• _Stored data_
*** Begin section ***

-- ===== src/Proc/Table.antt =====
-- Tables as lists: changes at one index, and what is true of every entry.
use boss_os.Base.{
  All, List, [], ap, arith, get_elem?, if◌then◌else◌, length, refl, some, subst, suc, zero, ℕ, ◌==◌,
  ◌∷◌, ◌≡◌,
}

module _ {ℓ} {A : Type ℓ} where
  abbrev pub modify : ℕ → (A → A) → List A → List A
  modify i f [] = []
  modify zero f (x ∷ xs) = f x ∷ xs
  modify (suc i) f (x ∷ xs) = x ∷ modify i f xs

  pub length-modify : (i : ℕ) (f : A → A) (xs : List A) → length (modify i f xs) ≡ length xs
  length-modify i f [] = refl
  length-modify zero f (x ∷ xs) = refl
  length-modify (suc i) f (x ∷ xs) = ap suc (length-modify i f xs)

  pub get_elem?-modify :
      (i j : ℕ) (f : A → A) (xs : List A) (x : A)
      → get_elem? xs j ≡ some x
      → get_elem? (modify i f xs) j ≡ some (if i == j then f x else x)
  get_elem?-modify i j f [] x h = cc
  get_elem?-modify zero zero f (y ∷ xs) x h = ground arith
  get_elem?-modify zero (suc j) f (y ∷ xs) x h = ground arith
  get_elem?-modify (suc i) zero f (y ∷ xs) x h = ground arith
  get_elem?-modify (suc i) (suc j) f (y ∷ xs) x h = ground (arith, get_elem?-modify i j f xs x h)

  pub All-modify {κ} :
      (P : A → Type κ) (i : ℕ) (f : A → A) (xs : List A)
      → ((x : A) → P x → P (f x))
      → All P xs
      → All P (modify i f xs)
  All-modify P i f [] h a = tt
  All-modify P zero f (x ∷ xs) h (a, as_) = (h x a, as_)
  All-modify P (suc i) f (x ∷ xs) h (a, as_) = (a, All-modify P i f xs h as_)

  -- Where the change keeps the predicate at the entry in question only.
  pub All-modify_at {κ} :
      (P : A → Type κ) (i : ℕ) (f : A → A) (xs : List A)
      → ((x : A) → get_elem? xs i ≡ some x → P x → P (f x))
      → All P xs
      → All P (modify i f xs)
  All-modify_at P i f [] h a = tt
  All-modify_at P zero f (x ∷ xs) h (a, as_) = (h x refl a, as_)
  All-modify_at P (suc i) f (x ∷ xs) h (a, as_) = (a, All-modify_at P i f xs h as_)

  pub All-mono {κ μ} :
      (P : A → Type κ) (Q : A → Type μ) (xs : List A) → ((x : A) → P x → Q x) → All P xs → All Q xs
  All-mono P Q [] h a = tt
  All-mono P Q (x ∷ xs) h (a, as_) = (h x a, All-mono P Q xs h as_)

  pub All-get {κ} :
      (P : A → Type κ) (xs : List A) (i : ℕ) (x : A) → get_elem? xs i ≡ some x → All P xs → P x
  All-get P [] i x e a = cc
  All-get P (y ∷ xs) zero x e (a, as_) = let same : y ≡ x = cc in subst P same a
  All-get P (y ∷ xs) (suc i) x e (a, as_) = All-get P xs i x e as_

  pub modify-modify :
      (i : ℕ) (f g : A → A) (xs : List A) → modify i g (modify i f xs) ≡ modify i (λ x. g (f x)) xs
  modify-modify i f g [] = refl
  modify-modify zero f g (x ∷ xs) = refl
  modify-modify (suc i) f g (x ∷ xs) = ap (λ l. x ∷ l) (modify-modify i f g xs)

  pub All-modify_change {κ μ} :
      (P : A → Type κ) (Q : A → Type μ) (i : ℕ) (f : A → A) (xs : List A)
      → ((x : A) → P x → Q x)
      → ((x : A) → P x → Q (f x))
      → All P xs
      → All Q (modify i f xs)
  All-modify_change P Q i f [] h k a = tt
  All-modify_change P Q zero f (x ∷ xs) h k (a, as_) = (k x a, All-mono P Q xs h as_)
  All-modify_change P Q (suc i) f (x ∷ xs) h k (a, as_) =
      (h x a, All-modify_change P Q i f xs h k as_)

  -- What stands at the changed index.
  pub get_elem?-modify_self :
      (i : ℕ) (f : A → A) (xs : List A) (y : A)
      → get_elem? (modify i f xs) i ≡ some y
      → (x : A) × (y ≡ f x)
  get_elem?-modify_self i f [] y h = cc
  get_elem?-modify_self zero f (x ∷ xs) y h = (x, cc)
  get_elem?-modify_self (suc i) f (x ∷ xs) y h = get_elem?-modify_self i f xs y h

*** End section ***

• _About this task_
Copy every record precisely, omitting nothing.

• _Written response_
-- ===== src/Proc/Table.antt =====
-- Tables as lists: changes at one index, and what is true of every entry.
use boss_os.Base.{
  All, List, [], ap, arith, get_elem?, if◌then◌else◌, length, refl, some, subst, suc, zero, ℕ, ◌==◌,
  ◌∷◌, ◌≡◌,
}

module _ {ℓ} {A : Type ℓ} where
  abbrev pub modify : ℕ → (A → A) → List A → List A
  modify i f [] = []
  modify zero f (x ∷ xs) = f x ∷ xs
  modify (suc i) f (x ∷ xs) = x ∷ modify i f xs

  pub length-modify : (i : ℕ) (f : A → A) (xs : List A) → length (modify i f xs) ≡ length xs
  length-modify i f [] = refl
  length-modify zero f (x ∷ xs) = refl
  length-modify (suc i) f (x ∷ xs) = ap suc (length-modify i f xs)

  pub get_elem?-modify :
      (i j : ℕ) (f : A → A) (xs : List A) (x : A)
      → get_elem? xs j ≡ some x
      → get_elem? (modify i f xs) j ≡ some (if i == j then f x else x)
  get_elem?-modify i j f [] x h = cc
  get_elem?-modify zero zero f (y ∷ xs) x h = ground arith
  get_elem?-modify zero (suc j) f (y ∷ xs) x h = ground arith
  get_elem?-modify (suc i) zero f (y ∷ xs) x h = ground arith
  get_elem?-modify (suc i) (suc j) f (y ∷ xs) x h = ground (arith, get_elem?-modify i j f xs x h)

  pub All-modify {κ} :
      (P : A → Type κ) (i : ℕ) (f : A → A) (xs : List A)
      → ((x : A) → P x → P (f x))
      → All P xs
      → All P (modify i f xs)
  All-modify P i f [] h a = tt
  All-modify P zero f (x ∷ xs) h (a, as_) = (h x a, as_)
  All-modify P (suc i) f (x ∷ xs) h (a, as_) = (a, All-modify P i f xs h as_)

  -- Where the change keeps the predicate at the entry in question only.
  pub All-modify_at {κ} :
      (P : A → Type κ) (i : ℕ) (f : A → A) (xs : List A)
      → ((x : A) → get_elem? xs i ≡ some x → P x → P (f x))
      → All P xs
      → All P (modify i f xs)
  All-modify_at P i f [] h a = tt
  All-modify_at P zero f (x ∷ xs) h (a, as_) = (h x refl a, as_)
  All-modify_at P (suc i) f (x ∷ xs) h (a, as_) = (a, All-modify_at P i f xs h as_)

  pub All-mono {κ μ} :
      (P : A → Type κ) (Q : A → Type μ) (xs : List A) → ((x : A) → P x → Q x) → All P xs → All Q xs
  All-mono P Q [] h a = tt
  All-mono P Q (x ∷ xs) h (a, as_) = (h x a, All-mono P Q xs h as_)

  pub All-get {κ} :
      (P : A → Type κ) (xs : List A) (i : ℕ) (x : A) → get_elem? xs i ≡ some x → All P xs → P x
  All-get P [] i x e a = cc
  All-get P (y ∷ xs) zero x e (a, as_) = let same : y ≡ x = cc in subst P same a
  All-get P (y ∷ xs) (suc i) x e (a, as_) = All-get P xs i x e as_

  pub modify-modify :
      (i : ℕ) (f g : A → A) (xs : List A) → modify i g (modify i f xs) ≡ modify i (λ x. g (f x)) xs
  modify-modify i f g [] = refl
  modify-modify zero f g (x ∷ xs) = refl
  modify-modify (suc i) f g (x ∷ xs) = ap (λ l. x ∷ l) (modify-modify i f g xs)

  pub All-modify_change {κ μ} :
      (P : A → Type κ) (Q : A → Type μ) (i : ℕ) (f : A → A) (xs : List A)
      → ((x : A) → P x → Q x)
      → ((x : A) → P x → Q (f x))
      → All P xs
      → All Q (modify i f xs)
  All-modify_change P Q i f [] h k a = tt
  All-modify_change P Q zero f (x ∷ xs) h k (a, as_) = (k x a, All-mono P Q xs h as_)
  All-modify_change P Q (suc i) f (x ∷ xs) h k (a, as_) =
      (h x a, All-modify_change P Q i f xs h k as_)

  -- What stands at the changed index.
  pub get_elem?-modify_self :
      (i : ℕ) (f : A → A) (xs : List A) (y : A)
      → get_elem? (modify i f xs) i ≡ some y
      → (x : A) × (y ≡ f x)
  get_elem?-modify_self i f [] y h = cc
  get_elem?-modify_self zero f (x ∷ xs) y h = (x, cc)
  get_elem?-modify_self (suc i) f (x ∷ xs) y h = get_elem?-modify_self i f xs y h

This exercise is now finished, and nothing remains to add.